EXERCISE REQUIREMENTS: Below are several entries. Transcribe exactly those lines that fall from the one with "(fault_then e φ (λ er s h. h) _ _ replace_file-renamed)))))" through the one with "f' t) where", end lines included.

== Segment start ==

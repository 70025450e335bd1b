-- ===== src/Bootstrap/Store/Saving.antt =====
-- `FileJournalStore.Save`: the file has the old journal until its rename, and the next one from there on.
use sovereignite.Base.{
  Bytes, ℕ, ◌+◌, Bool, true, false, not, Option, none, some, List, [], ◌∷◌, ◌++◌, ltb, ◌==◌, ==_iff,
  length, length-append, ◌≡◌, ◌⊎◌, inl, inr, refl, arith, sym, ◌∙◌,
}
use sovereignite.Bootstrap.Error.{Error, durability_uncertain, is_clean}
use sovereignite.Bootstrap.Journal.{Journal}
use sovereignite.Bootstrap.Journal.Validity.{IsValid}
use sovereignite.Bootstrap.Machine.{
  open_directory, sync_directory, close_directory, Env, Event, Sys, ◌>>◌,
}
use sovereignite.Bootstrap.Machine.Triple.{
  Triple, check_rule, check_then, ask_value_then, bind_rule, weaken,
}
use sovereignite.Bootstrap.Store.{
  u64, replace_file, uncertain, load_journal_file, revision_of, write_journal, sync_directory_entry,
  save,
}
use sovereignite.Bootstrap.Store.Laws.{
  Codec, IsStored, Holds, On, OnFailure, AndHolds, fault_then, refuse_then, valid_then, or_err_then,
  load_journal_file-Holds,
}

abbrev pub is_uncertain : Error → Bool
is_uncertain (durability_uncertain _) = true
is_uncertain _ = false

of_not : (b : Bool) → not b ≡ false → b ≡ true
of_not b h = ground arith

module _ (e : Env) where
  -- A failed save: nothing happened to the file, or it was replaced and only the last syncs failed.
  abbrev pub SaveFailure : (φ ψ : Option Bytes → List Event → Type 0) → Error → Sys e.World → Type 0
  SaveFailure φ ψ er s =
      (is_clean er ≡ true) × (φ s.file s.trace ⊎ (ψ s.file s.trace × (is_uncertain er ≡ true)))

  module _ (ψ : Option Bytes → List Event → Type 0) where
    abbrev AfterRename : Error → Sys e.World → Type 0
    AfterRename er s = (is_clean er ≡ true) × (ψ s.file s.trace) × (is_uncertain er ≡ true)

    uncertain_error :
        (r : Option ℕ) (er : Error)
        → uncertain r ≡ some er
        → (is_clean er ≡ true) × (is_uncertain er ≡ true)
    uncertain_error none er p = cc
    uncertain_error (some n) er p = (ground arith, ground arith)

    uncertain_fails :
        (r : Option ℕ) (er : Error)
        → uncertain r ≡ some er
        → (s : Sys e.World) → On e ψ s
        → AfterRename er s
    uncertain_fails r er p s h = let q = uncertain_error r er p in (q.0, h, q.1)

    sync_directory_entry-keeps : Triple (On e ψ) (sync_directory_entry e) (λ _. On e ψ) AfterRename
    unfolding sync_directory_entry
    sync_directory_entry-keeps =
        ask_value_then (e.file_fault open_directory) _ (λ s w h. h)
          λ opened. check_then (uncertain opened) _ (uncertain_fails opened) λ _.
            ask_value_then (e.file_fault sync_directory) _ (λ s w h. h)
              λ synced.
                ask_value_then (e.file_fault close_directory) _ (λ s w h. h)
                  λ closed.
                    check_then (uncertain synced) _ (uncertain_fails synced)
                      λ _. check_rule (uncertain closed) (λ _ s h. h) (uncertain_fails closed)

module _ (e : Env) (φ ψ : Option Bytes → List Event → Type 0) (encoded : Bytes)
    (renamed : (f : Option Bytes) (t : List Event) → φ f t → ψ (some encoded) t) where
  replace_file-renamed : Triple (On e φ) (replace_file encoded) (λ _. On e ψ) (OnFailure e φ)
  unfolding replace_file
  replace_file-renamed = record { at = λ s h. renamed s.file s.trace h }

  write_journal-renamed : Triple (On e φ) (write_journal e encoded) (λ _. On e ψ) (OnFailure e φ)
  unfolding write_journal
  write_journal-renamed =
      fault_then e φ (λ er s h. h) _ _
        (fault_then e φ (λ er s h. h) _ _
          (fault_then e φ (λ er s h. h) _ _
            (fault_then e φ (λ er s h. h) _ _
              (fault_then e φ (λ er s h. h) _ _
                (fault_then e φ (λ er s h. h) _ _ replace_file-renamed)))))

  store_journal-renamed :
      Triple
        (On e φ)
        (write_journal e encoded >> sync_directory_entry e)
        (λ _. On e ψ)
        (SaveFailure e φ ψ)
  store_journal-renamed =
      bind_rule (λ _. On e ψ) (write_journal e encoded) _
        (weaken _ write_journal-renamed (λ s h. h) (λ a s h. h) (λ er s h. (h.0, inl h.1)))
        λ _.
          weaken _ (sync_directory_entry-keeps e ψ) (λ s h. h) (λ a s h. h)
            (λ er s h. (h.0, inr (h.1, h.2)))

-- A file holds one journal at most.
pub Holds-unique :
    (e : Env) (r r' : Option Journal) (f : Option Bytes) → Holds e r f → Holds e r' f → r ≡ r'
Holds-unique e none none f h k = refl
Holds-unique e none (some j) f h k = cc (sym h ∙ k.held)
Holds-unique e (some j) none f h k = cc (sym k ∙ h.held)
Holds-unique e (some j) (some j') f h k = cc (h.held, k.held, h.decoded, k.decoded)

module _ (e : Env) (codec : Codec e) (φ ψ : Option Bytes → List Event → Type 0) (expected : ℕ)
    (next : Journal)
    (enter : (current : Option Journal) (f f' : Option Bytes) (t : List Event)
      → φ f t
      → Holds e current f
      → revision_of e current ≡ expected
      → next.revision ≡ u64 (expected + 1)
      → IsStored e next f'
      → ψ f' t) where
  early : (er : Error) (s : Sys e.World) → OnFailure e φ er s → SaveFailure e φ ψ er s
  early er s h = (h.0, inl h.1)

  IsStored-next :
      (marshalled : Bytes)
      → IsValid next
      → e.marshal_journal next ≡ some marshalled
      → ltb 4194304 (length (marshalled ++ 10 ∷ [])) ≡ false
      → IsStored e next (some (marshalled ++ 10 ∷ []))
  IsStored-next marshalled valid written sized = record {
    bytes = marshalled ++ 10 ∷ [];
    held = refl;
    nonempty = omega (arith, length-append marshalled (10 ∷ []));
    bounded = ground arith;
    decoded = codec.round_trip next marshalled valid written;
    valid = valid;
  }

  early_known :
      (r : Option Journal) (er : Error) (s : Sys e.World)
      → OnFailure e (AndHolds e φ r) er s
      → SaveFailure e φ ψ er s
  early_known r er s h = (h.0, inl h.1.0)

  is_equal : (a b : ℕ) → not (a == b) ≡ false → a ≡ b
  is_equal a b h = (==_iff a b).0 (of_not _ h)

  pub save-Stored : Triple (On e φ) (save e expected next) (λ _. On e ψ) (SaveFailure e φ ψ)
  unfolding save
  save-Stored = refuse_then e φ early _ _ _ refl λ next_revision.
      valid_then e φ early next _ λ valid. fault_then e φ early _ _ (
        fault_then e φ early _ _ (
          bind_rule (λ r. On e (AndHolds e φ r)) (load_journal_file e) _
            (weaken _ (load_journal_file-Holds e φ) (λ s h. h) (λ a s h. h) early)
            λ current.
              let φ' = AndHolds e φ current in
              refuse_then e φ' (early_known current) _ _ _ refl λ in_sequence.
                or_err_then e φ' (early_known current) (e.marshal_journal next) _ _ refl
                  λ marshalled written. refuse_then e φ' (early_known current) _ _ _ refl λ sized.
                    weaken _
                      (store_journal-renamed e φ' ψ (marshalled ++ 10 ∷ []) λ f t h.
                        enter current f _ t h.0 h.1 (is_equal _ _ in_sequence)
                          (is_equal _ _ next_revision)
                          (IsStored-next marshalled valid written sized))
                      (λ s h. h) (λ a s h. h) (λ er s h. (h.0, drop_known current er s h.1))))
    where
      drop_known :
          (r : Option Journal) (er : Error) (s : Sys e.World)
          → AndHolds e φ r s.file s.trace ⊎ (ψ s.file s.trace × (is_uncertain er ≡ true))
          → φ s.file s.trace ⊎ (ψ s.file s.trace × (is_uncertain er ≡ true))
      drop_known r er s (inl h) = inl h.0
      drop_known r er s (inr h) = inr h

== Segment end ==

TASK RESULT:
                (fault_then e φ (λ er s h. h) _ _ replace_file-renamed)))))

  store_journal-renamed :
      Triple
        (On e φ)
        (write_journal e encoded >> sync_directory_entry e)
        (λ _. On e ψ)
        (SaveFailure e φ ψ)
  store_journal-renamed =
      bind_rule (λ _. On e ψ) (write_journal e encoded) _
        (weaken _ write_journal-renamed (λ s h. h) (λ a s h. h) (λ er s h. (h.0, inl h.1)))
        λ _.
          weaken _ (sync_directory_entry-keeps e ψ) (λ s h. h) (λ a s h. h)
            (λ er s h. (h.0, inr (h.1, h.2)))

-- A file holds one journal at most.
pub Holds-unique :
    (e : Env) (r r' : Option Journal) (f : Option Bytes) → Holds e r f → Holds e r' f → r ≡ r'
Holds-unique e none none f h k = refl
Holds-unique e none (some j) f h k = cc (sym h ∙ k.held)
Holds-unique e (some j) none f h k = cc (sym k ∙ h.held)
Holds-unique e (some j) (some j') f h k = cc (h.held, k.held, h.decoded, k.decoded)

module _ (e : Env) (codec : Codec e) (φ ψ : Option Bytes → List Event → Type 0) (expected : ℕ)
    (next : Journal)
    (enter : (current : Option Journal) (f f' : Option Bytes) (t : List Event)
      → φ f t
      → Holds e current f
      → revision_of e current ≡ expected
      → next.revision ≡ u64 (expected + 1)
      → IsStored e next f'
      → ψ f' t) where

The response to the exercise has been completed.